The Philippine embassy in Australia recognized Filipina chef-instructor Michelin Galang-Dapo, the dessert innovator behind the classic Pinoy “dirty” ice cream in Sydney, as a most exceptional Filipino woman in the country.
To commemorate the 75th anniversary of the establishment of diplomatic relations between the two nations, the embassy has partnered with the overseas office of the Philippine Department of Tourism.
The collaboration resulted in an e-book titled “Today’s Filipino Australian Women,” which highlights the excellence of Filipino ladies in their respective fields and their crucial roles in nurturing the friendship between the two states.
The publication acknowledges the contribution of Galang-Dapo in bringing the flavors of the Filipino childhood favorite to the Australian market.

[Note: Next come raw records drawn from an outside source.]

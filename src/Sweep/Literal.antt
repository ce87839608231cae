-- ===== src/Sweep/Literal.antt =====
-- A text that is escaped for a query cannot leave its literal.
use invoicing_platform.Prelude.{
  ℕ, ◌≡◌, refl, sym, ap, Bool, true, false, Bool-cases, inl, inr, Option, none, some, [], ◌∷◌, ◌++◌,
  ◌==◌, ==_iff, if◌then◌else◌, arith,
}
use invoicing_platform.Money.{Text}
use invoicing_platform.Sweep.Query.{escape_backslashes, escape_quotes, escape_qbo_string}

abbrev push {ℓ} : {A : Type ℓ} → ℕ → Option (Text × A) → Option (Text × A)
push c none = none
push c (some (s, rest)) = some (c ∷ s, rest)

-- How QBO reads what follows an opening quote: a quote ends the literal, and after a backslash a
-- character stands for itself. The result is the value and what follows; none is a literal without an end.
abbrev pub read_literal : Text → Bool → Option (Text × Text)
read_literal [] escaped = none
read_literal (c ∷ s) escaped =
    let rest = read_literal s in
    if escaped
    then push c (rest false)
    else if c == 39
    then some ([], s)
    else if c == b'\\'
    then rest true
    else push c (rest false)

quote_is_no_backslash : (c : ℕ) → (c == 39) ≡ true → (c == b'\\') ≡ false
quote_is_no_backslash c h = ground arith

read-escaped :
    (s after : Text)
    → read_literal (escape_quotes (escape_backslashes s) ++ (39 ∷ after)) false ≡ some (s, after)
read-escaped [] after = refl
read-escaped (c ∷ s) after = elim (Bool-cases (c == b'\\')) [
  | inl b ↦
      rw (b, read-escaped s after) (ap (λ x. some (x ∷ s, after)) (sym ((==_iff c b'\\').0 b)))
  | inr b ↦ elim (Bool-cases (c == 39)) [
    | inl k ↦
        rw (b, k, read-escaped s after) (ap (λ x. some (x ∷ s, after)) (sym ((==_iff c 39).0 k)))
    | inr k ↦ rw (b, k, b, k, read-escaped s after) refl
  ]
]

-- What QBO reads from an escaped text between quotes is the text itself, and the literal ends where the
-- closing quote stands, whatever quotes and backslashes the text has and whatever follows.
pub escape_qbo_string-reads :
    (s after : Text) → read_literal (escape_qbo_string s ++ (39 ∷ after)) false ≡ some (s, after)
unfolding escape_qbo_string
escape_qbo_string-reads s after = read-escaped s after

She studied culinary at the School of Hotel, Restaurant and Institution Management of the De La Salle-College of Saint Benilde Manila and Le Cordon Bleu Sydney, and has years of working experience in five-star hotels and restaurants.
She learned how to create gelato from scratch during her stint in an Italian restaurant in Metro Manila. After settling in Australia, together with her chef husband Chester Dapo, they launched in 2019 the ice cream brand Manila St., with the main goal of elevating the Pinoy dessert into a “super premium grade” product.
Manila St. first released Ube Halaya (purple yam) and Cheese Milk before adding Tablea Chocolate, White Chocolate and Salted Egg de Leche in their selections.
They only use specially imported authentic ingredients: ube from Davao; cheese from New Zealand; and milk and cream supplies from a trusted dairy farm in New South Wales. The chocolates are sourced from Auro Chocolate, an internationally awarded tree-to-bar sustainable Filipino brand.
Manila St. has found a following in both Sydney-based kababayan longing for a nostalgic taste of home, and locals who found comfort in Filipino flavors.